Work to complete - Lines containing the word "Payouts" are to be copied from the data below.

(Dataset entries)

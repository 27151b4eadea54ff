-- ===== src/Api/Payouts/Laws/Once.antt =====
-- Every call of the treasury, and the requests that a run of them hands to the signer.
use dex_backend.Base.{
  ℕ, suc, ◌≡◌, refl, ◌⊎◌, inl, inr, Bool, true, false, Option, none, some, [], ◌==◌, arith,
}
use dex_backend.Base.Key.{nat_key}
use dex_backend.Result.{Result, ok, err, Result-cases}
use dex_backend.Text.Bytes.{Str, bytes}
use dex_backend.Text.Decimal.{string}
use dex_backend.Table.{insert}
use dex_backend.Table.Laws.{select-insert}
use dex_backend.Schema.{LedgerEntry, LedgerDb}
use dex_backend.Ledger.{validate_positive_amount}
use dex_backend.Ledger.Withdrawals.{
  insert_withdrawal_request, mark_withdrawal_failed, reject_withdrawal_request,
}
use dex_backend.Ledger.Withdrawals.Moves.{fail-Moved, reject-Moved}
use dex_backend.Ledger.Withdrawals.Ids.{
  fail-SameIds, reject-SameIds, insert_withdrawal_request-new, insert_withdrawal_request-refused,
}
use dex_backend.Chain.Signer.{NodeReplies}
use dex_backend.Api.{Claims}
use dex_backend.Api.Payouts.{
  Treasury, Reply, with_ledger, after_request, request_asset, request_amount, withdraw_request,
  after_action, action_of, process_if_signer, approve_or_reject, fail_or_retry, with_id, as_admin,
  admin_approve_withdrawal, admin_recover_withdrawal,
}
use dex_backend.Api.Payouts.Laws.Orderly.{
  times, Handed, IsFresh, IsOrderly, ledger-IsOrderly, process-IsOrderly,
}

Handed-new :
    (id j : ℕ) (e : LedgerEntry) (t : Treasury) (db : LedgerDb)
    → db.next_id ≡ suc t.ledger.next_id
    → db.ledger_entries ≡ insert t.ledger.next_id e t.ledger.ledger_entries
    → Handed j t
    → Handed j (with_ledger db t)
Handed-new id j e t db next rows h =
    let old = h.old in
    let other : (t.ledger.next_id == j) ≡ false = ground arith in
    record {
      once = h.once;
      old = omega (arith);
      entry = h.entry;
      here = rw (rows, select-insert t.ledger.next_id j e t.ledger.ledger_entries, other) (h.here);
      claimed = h.claimed;
    }

new-IsOrderly :
    (e : LedgerEntry) (t : Treasury) (db : LedgerDb)
    → db.next_id ≡ suc t.ledger.next_id
    → db.ledger_entries ≡ insert t.ledger.next_id e t.ledger.ledger_entries
    → IsOrderly t
    → IsOrderly (with_ledger db t)
new-IsOrderly e t db next rows o = record {
  fresh = λ j late.
      rw (rows, select-insert t.ledger.next_id j e t.ledger.ledger_entries)
        (ground (arith, o.fresh j (omega arith)));
  handed = λ j. elim (o.handed j) [
    | inl never ↦ inl never
    | inr h ↦ inr (Handed-new j j e t db next rows h)
  ];
}

after_request-IsOrderly :
    (r : NodeReplies) (p : Result ℕ × LedgerDb) (t : Treasury)
    → IsOrderly (with_ledger p.1 t)
    → IsOrderly (after_request r p t).1
unfolding after_request
after_request-IsOrderly r (ok id, db) t o = process-IsOrderly id r (with_ledger db t) o
after_request-IsOrderly r (err x, db) t o = o

request-IsOrderly :
    (user : ℕ) (wallet token raw : Str) (t : Treasury)
    → IsOrderly t
    → IsOrderly (with_ledger (insert_withdrawal_request user wallet token raw t.ledger).1 t)
request-IsOrderly user wallet token raw t o =
    let p : Result ℕ × LedgerDb = insert_withdrawal_request user wallet token raw t.ledger in
    elim (Result-cases (insert_withdrawal_request user wallet token raw t.ledger).0) [
      | inl (id, done) ↦
          let (e, _, next, rows) =
            insert_withdrawal_request-new user wallet token raw t.ledger (λ i. (done i, p.1)) in
          new-IsOrderly e t (p.1) next rows o
      | inr (e, ended) ↦
          rw (insert_withdrawal_request-refused user wallet token raw t.ledger ended) o
    ]

withdraw-IsOrderly :
    (c : Option Claims) (signer : Bool) (amount asset : Str) (r : NodeReplies) (t : Treasury)
    → IsOrderly t
    → IsOrderly (withdraw_request c signer amount asset r t).1
unfolding withdraw_request
withdraw-IsOrderly none signer amount asset r t o = o
withdraw-IsOrderly (some c) false amount asset r t o = o
withdraw-IsOrderly (some c) true amount asset r t o =
    ground (arith, read c (request_asset asset) (validate_positive_amount amount))
  where
    read : (c : Claims) (asset : Str) (x : Result ℕ) → IsOrderly (request_amount r c asset x t).1
    read c asset (err x) = unfold request_amount in o
    read c asset (ok x) =
        unfold request_amount in
        after_request-IsOrderly r
          (insert_withdrawal_request c.user_id c.wallet_address asset (string x) t.ledger) t
          (request-IsOrderly c.user_id c.wallet_address asset (string x) t o)

after_action-IsOrderly :
    (word : Str) (p : Result (Unit {0}) × LedgerDb) (t : Treasury)
    → IsOrderly (with_ledger p.1 t)
    → IsOrderly (after_action word p t).1
unfolding after_action
after_action-IsOrderly word (ok a, db) t o = o
after_action-IsOrderly word (err x, db) t o = o

if_signer-IsOrderly :
    (signer : Bool) (id : ℕ) (r : NodeReplies) (t : Treasury)
    → IsOrderly t
    → IsOrderly (process_if_signer signer id r t).1
unfolding process_if_signer
if_signer-IsOrderly false id r t o = o
if_signer-IsOrderly true id r t o = process-IsOrderly id r t o

approve-IsOrderly :
    (signer : Bool) (id : ℕ) (action : Str) (r : NodeReplies) (t : Treasury)
    → IsOrderly t
    → IsOrderly (approve_or_reject signer id action r t).1
unfolding approve_or_reject
approve-IsOrderly signer id action r t o =
    let rejected : IsOrderly
        (after_action (bytes "rejected") (reject_withdrawal_request id t.ledger) t).1 =
      after_action-IsOrderly _ (reject_withdrawal_request id t.ledger) t
        (ledger-IsOrderly t _ (reject-Moved id t.ledger) (reject-SameIds id t.ledger) o) in
    ground (arith, if_signer-IsOrderly signer id r t o)

fail-or-retry-IsOrderly :
    (signer : Bool) (id : ℕ) (action : Str) (r : NodeReplies) (t : Treasury)
    → IsOrderly t
    → IsOrderly (fail_or_retry signer id action r t).1
unfolding fail_or_retry
fail-or-retry-IsOrderly signer id action r t o =
    let failed : IsOrderly
        (after_action (bytes "failed") (mark_withdrawal_failed id t.ledger) t).1 =
      after_action-IsOrderly _ (mark_withdrawal_failed id t.ledger) t
        (ledger-IsOrderly t _ (fail-Moved id t.ledger) (fail-SameIds id t.ledger) o) in
    ground (arith, if_signer-IsOrderly signer id r t o)

as_admin-IsOrderly :
    (admins : Str → Bool) (c : Option Claims) (act : Treasury → Reply × Treasury) (t : Treasury)
    → IsOrderly t
    → IsOrderly (act t).1
    → IsOrderly (as_admin admins c act t).1
unfolding as_admin
as_admin-IsOrderly admins none act t o done = o
as_admin-IsOrderly admins (some c) act t o done = ground arith

with_id-IsOrderly :
    (id : Option ℕ) (act : ℕ → Treasury → Reply × Treasury) (t : Treasury)
    → IsOrderly t
    → ((i : ℕ) → IsOrderly (act i t).1)
    → IsOrderly (with_id id act t).1
unfolding with_id
with_id-IsOrderly none act t o done = o
with_id-IsOrderly (some id) act t o done = done id

-- The calls: a user's request, an admin's approval or rejection, an admin's recovery. Who calls,
-- what the request holds and what the node replies is arbitrary.
pub data Call : Treasury → Treasury → Type 0 where
  withdraws :
      (c : Option Claims) (signer : Bool) (amount asset : Str) (r : NodeReplies) (t : Treasury)
      → Call t (withdraw_request c signer amount asset r t).1
  approves :
      (admins : Str → Bool) (c : Option Claims) (signer : Bool) (id : Option ℕ) (action : Str)
      (r : NodeReplies) (t : Treasury)
      → Call t (admin_approve_withdrawal admins c signer id action r t).1
  recovers :
      (admins : Str → Bool) (c : Option Claims) (signer : Bool) (id : Option ℕ) (action : Str)
      (r : NodeReplies) (t : Treasury)
      → Call t (admin_recover_withdrawal admins c signer id action r t).1

pub data Calls (t : Treasury) : Treasury → Type 0 where
  none_yet : Calls t t
  and_then : {u v : Treasury} → Calls t u → Call u v → Calls t v

Call-IsOrderly : {t u : Treasury} → Call t u → IsOrderly t → IsOrderly u
unfolding admin_approve_withdrawal admin_recover_withdrawal
Call-IsOrderly (withdraws c signer amount asset r t) o =
    withdraw-IsOrderly c signer amount asset r t o
Call-IsOrderly (approves admins c signer id action r t) o = as_admin-IsOrderly admins c _ t o (
    with_id-IsOrderly id _ t o
      λ i. approve-IsOrderly signer i (action_of (bytes "approve") action) r t o)
Call-IsOrderly (recovers admins c signer id action r t) o = as_admin-IsOrderly admins c _ t o (
    with_id-IsOrderly id _ t o
      λ i. fail-or-retry-IsOrderly signer i (action_of (bytes "retry") action) r t o)

Calls-IsOrderly : {t u : Treasury} → IsOrderly t → Calls t u → IsOrderly u
Calls-IsOrderly o none_yet = o
Calls-IsOrderly o (and_then calls call) = Call-IsOrderly call (Calls-IsOrderly o calls)

-- From a ledger whose next ids are free and with nothing handed over, whatever calls of the
-- treasury are made and whatever the node replies to each, every request is handed to the signer
-- at most once, and one that was is never pending again.
pub Calls-Handed :
    {t u : Treasury} (id : ℕ)
    → IsFresh t.ledger
    → t.submitted ≡ []
    → Calls t u
    → (times id u.submitted ≡ 0) ⊎ Handed id u
Calls-Handed {t} {u} id fresh nothing calls =
    let start : IsOrderly t = record { fresh = fresh; handed = λ j. inl (rw nothing refl) } in
    (Calls-IsOrderly start calls).handed id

Answer to this problem -
-- ===== src/Api/Payouts/Laws/Once.antt =====
use dex_backend.Api.Payouts.{
use dex_backend.Api.Payouts.Laws.Orderly.{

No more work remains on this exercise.